[[ SUPPLIED INFORMATION, beginning ]]

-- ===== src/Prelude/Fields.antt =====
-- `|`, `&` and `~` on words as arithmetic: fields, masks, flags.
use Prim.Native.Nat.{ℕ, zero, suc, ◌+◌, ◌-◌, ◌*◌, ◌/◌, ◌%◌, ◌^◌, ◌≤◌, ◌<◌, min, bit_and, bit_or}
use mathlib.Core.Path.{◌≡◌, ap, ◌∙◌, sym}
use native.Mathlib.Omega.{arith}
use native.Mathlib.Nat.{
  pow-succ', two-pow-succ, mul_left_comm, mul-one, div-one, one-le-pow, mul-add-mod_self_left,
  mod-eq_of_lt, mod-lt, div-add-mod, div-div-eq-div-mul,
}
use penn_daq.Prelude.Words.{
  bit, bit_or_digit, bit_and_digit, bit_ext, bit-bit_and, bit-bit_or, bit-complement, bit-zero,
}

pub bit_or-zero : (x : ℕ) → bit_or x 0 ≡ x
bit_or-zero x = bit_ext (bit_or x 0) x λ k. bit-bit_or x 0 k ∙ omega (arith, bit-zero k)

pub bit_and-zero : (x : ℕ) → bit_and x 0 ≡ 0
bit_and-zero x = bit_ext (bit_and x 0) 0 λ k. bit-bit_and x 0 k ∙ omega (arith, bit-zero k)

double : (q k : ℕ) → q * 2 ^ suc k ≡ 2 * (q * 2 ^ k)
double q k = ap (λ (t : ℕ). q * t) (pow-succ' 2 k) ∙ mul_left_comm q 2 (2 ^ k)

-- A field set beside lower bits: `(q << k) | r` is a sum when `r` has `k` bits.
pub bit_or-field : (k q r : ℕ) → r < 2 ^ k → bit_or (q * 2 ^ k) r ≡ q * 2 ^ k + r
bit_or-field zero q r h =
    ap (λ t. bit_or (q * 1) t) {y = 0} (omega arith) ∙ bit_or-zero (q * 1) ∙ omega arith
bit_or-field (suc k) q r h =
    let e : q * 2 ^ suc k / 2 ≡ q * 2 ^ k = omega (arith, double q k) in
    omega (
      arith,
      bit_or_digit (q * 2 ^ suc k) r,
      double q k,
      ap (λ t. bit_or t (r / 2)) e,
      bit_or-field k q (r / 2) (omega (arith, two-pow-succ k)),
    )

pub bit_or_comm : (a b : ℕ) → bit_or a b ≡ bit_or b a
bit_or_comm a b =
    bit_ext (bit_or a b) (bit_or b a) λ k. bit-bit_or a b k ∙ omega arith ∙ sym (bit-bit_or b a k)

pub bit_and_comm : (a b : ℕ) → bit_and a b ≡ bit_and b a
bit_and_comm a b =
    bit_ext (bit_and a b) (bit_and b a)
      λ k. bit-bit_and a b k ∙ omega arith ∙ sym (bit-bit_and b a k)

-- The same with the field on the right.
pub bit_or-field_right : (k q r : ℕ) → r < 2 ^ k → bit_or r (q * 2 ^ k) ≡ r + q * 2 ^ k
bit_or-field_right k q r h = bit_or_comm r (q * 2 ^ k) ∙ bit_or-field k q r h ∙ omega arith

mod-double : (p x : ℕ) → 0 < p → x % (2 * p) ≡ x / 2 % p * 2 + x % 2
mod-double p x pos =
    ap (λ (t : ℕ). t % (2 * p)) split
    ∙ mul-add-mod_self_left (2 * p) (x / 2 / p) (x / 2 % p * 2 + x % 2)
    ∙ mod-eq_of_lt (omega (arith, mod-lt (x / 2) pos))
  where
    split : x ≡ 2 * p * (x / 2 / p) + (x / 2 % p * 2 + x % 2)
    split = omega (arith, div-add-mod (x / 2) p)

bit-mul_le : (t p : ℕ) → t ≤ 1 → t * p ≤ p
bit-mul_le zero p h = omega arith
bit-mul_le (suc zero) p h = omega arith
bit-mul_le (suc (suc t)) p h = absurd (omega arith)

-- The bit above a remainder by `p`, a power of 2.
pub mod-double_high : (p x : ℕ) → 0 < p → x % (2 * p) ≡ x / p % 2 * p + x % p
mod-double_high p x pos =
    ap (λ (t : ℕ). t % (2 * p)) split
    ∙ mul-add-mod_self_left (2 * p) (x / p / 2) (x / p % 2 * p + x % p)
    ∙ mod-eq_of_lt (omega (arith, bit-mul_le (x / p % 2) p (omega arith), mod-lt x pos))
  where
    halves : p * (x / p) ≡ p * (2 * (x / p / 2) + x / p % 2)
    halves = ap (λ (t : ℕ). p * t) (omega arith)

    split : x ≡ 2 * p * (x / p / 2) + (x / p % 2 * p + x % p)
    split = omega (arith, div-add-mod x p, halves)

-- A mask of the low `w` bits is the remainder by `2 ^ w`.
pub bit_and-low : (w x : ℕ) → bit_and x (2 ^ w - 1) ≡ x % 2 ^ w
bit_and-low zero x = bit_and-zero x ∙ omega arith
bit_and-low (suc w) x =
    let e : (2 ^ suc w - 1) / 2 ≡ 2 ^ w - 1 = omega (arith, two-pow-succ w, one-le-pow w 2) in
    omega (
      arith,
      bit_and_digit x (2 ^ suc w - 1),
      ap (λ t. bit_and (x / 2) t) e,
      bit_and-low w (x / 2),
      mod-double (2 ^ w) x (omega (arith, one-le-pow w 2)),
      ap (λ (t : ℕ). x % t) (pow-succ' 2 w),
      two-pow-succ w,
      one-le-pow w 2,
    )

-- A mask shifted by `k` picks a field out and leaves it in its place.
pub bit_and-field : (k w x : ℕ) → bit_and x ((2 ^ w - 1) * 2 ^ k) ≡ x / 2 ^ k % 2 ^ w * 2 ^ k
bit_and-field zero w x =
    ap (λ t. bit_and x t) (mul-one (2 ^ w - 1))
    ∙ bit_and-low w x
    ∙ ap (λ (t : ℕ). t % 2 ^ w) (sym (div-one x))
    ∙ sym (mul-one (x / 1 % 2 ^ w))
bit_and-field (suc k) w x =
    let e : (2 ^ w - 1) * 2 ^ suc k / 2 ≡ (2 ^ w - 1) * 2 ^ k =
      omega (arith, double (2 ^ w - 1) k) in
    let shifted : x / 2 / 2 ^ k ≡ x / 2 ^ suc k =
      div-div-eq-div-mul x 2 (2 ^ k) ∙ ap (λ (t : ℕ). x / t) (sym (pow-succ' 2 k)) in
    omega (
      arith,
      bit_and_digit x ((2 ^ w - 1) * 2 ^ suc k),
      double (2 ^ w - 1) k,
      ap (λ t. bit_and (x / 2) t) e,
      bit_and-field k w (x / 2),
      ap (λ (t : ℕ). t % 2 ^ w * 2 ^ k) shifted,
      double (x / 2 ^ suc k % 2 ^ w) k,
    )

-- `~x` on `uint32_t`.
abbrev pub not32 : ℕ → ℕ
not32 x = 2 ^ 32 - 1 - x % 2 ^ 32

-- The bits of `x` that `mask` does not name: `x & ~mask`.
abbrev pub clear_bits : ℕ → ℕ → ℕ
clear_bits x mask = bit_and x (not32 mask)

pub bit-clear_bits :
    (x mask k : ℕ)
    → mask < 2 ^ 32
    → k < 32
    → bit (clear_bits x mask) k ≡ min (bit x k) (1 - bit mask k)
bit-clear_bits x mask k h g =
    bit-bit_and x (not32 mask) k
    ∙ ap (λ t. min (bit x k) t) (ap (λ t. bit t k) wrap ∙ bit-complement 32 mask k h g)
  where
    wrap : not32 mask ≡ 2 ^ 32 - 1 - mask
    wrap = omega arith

[[ SUPPLIED INFORMATION, end ]]

**WORK REQUIRED**
Output the complete data verbatim.

**PROBLEM SOLUTION**
-- ===== src/Prelude/Fields.antt =====
-- `|`, `&` and `~` on words as arithmetic: fields, masks, flags.
use Prim.Native.Nat.{ℕ, zero, suc, ◌+◌, ◌-◌, ◌*◌, ◌/◌, ◌%◌, ◌^◌, ◌≤◌, ◌<◌, min, bit_and, bit_or}
use mathlib.Core.Path.{◌≡◌, ap, ◌∙◌, sym}
use native.Mathlib.Omega.{arith}
use native.Mathlib.Nat.{
  pow-succ', two-pow-succ, mul_left_comm, mul-one, div-one, one-le-pow, mul-add-mod_self_left,
  mod-eq_of_lt, mod-lt, div-add-mod, div-div-eq-div-mul,
}
use penn_daq.Prelude.Words.{
  bit, bit_or_digit, bit_and_digit, bit_ext, bit-bit_and, bit-bit_or, bit-complement, bit-zero,
}

pub bit_or-zero : (x : ℕ) → bit_or x 0 ≡ x
bit_or-zero x = bit_ext (bit_or x 0) x λ k. bit-bit_or x 0 k ∙ omega (arith, bit-zero k)

pub bit_and-zero : (x : ℕ) → bit_and x 0 ≡ 0
bit_and-zero x = bit_ext (bit_and x 0) 0 λ k. bit-bit_and x 0 k ∙ omega (arith, bit-zero k)

double : (q k : ℕ) → q * 2 ^ suc k ≡ 2 * (q * 2 ^ k)
double q k = ap (λ (t : ℕ). q * t) (pow-succ' 2 k) ∙ mul_left_comm q 2 (2 ^ k)

-- A field set beside lower bits: `(q << k) | r` is a sum when `r` has `k` bits.
pub bit_or-field : (k q r : ℕ) → r < 2 ^ k → bit_or (q * 2 ^ k) r ≡ q * 2 ^ k + r
bit_or-field zero q r h =
    ap (λ t. bit_or (q * 1) t) {y = 0} (omega arith) ∙ bit_or-zero (q * 1) ∙ omega arith
bit_or-field (suc k) q r h =
    let e : q * 2 ^ suc k / 2 ≡ q * 2 ^ k = omega (arith, double q k) in
    omega (
      arith,
      bit_or_digit (q * 2 ^ suc k) r,
      double q k,
      ap (λ t. bit_or t (r / 2)) e,
      bit_or-field k q (r / 2) (omega (arith, two-pow-succ k)),
    )

pub bit_or_comm : (a b : ℕ) → bit_or a b ≡ bit_or b a
bit_or_comm a b =
    bit_ext (bit_or a b) (bit_or b a) λ k. bit-bit_or a b k ∙ omega arith ∙ sym (bit-bit_or b a k)

pub bit_and_comm : (a b : ℕ) → bit_and a b ≡ bit_and b a
bit_and_comm a b =
    bit_ext (bit_and a b) (bit_and b a)
      λ k. bit-bit_and a b k ∙ omega arith ∙ sym (bit-bit_and b a k)

-- The same with the field on the right.
pub bit_or-field_right : (k q r : ℕ) → r < 2 ^ k → bit_or r (q * 2 ^ k) ≡ r + q * 2 ^ k
bit_or-field_right k q r h = bit_or_comm r (q * 2 ^ k) ∙ bit_or-field k q r h ∙ omega arith

mod-double : (p x : ℕ) → 0 < p → x % (2 * p) ≡ x / 2 % p * 2 + x % 2
mod-double p x pos =
    ap (λ (t : ℕ). t % (2 * p)) split
    ∙ mul-add-mod_self_left (2 * p) (x / 2 / p) (x / 2 % p * 2 + x % 2)
    ∙ mod-eq_of_lt (omega (arith, mod-lt (x / 2) pos))
  where
    split : x ≡ 2 * p * (x / 2 / p) + (x / 2 % p * 2 + x % 2)
    split = omega (arith, div-add-mod (x / 2) p)

bit-mul_le : (t p : ℕ) → t ≤ 1 → t * p ≤ p
bit-mul_le zero p h = omega arith
bit-mul_le (suc zero) p h = omega arith
bit-mul_le (suc (suc t)) p h = absurd (omega arith)

-- The bit above a remainder by `p`, a power of 2.
pub mod-double_high : (p x : ℕ) → 0 < p → x % (2 * p) ≡ x / p % 2 * p + x % p
mod-double_high p x pos =
    ap (λ (t : ℕ). t % (2 * p)) split
    ∙ mul-add-mod_self_left (2 * p) (x / p / 2) (x / p % 2 * p + x % p)
    ∙ mod-eq_of_lt (omega (arith, bit-mul_le (x / p % 2) p (omega arith), mod-lt x pos))
  where
    halves : p * (x / p) ≡ p * (2 * (x / p / 2) + x / p % 2)
    halves = ap (λ (t : ℕ). p * t) (omega arith)

    split : x ≡ 2 * p * (x / p / 2) + (x / p % 2 * p + x % p)
    split = omega (arith, div-add-mod x p, halves)

-- A mask of the low `w` bits is the remainder by `2 ^ w`.
pub bit_and-low : (w x : ℕ) → bit_and x (2 ^ w - 1) ≡ x % 2 ^ w
bit_and-low zero x = bit_and-zero x ∙ omega arith
bit_and-low (suc w) x =
    let e : (2 ^ suc w - 1) / 2 ≡ 2 ^ w - 1 = omega (arith, two-pow-succ w, one-le-pow w 2) in
    omega (
      arith,
      bit_and_digit x (2 ^ suc w - 1),
      ap (λ t. bit_and (x / 2) t) e,
      bit_and-low w (x / 2),
      mod-double (2 ^ w) x (omega (arith, one-le-pow w 2)),
      ap (λ (t : ℕ). x % t) (pow-succ' 2 w),
      two-pow-succ w,
      one-le-pow w 2,
    )

-- A mask shifted by `k` picks a field out and leaves it in its place.
pub bit_and-field : (k w x : ℕ) → bit_and x ((2 ^ w - 1) * 2 ^ k) ≡ x / 2 ^ k % 2 ^ w * 2 ^ k
bit_and-field zero w x =
    ap (λ t. bit_and x t) (mul-one (2 ^ w - 1))
    ∙ bit_and-low w x
    ∙ ap (λ (t : ℕ). t % 2 ^ w) (sym (div-one x))
    ∙ sym (mul-one (x / 1 % 2 ^ w))
bit_and-field (suc k) w x =
    let e : (2 ^ w - 1) * 2 ^ suc k / 2 ≡ (2 ^ w - 1) * 2 ^ k =
      omega (arith, double (2 ^ w - 1) k) in
    let shifted : x / 2 / 2 ^ k ≡ x / 2 ^ suc k =
      div-div-eq-div-mul x 2 (2 ^ k) ∙ ap (λ (t : ℕ). x / t) (sym (pow-succ' 2 k)) in
    omega (
      arith,
      bit_and_digit x ((2 ^ w - 1) * 2 ^ suc k),
      double (2 ^ w - 1) k,
      ap (λ t. bit_and (x / 2) t) e,
      bit_and-field k w (x / 2),
      ap (λ (t : ℕ). t % 2 ^ w * 2 ^ k) shifted,
      double (x / 2 ^ suc k % 2 ^ w) k,
    )

-- `~x` on `uint32_t`.
abbrev pub not32 : ℕ → ℕ
not32 x = 2 ^ 32 - 1 - x % 2 ^ 32

-- The bits of `x` that `mask` does not name: `x & ~mask`.
abbrev pub clear_bits : ℕ → ℕ → ℕ
clear_bits x mask = bit_and x (not32 mask)

pub bit-clear_bits :
    (x mask k : ℕ)
    → mask < 2 ^ 32
    → k < 32
    → bit (clear_bits x mask) k ≡ min (bit x k) (1 - bit mask k)
bit-clear_bits x mask k h g =
    bit-bit_and x (not32 mask) k
    ∙ ap (λ t. min (bit x k) t) (ap (λ t. bit t k) wrap ∙ bit-complement 32 mask k h g)
  where
    wrap : not32 mask ≡ 2 ^ 32 - 1 - mask
    wrap = omega arith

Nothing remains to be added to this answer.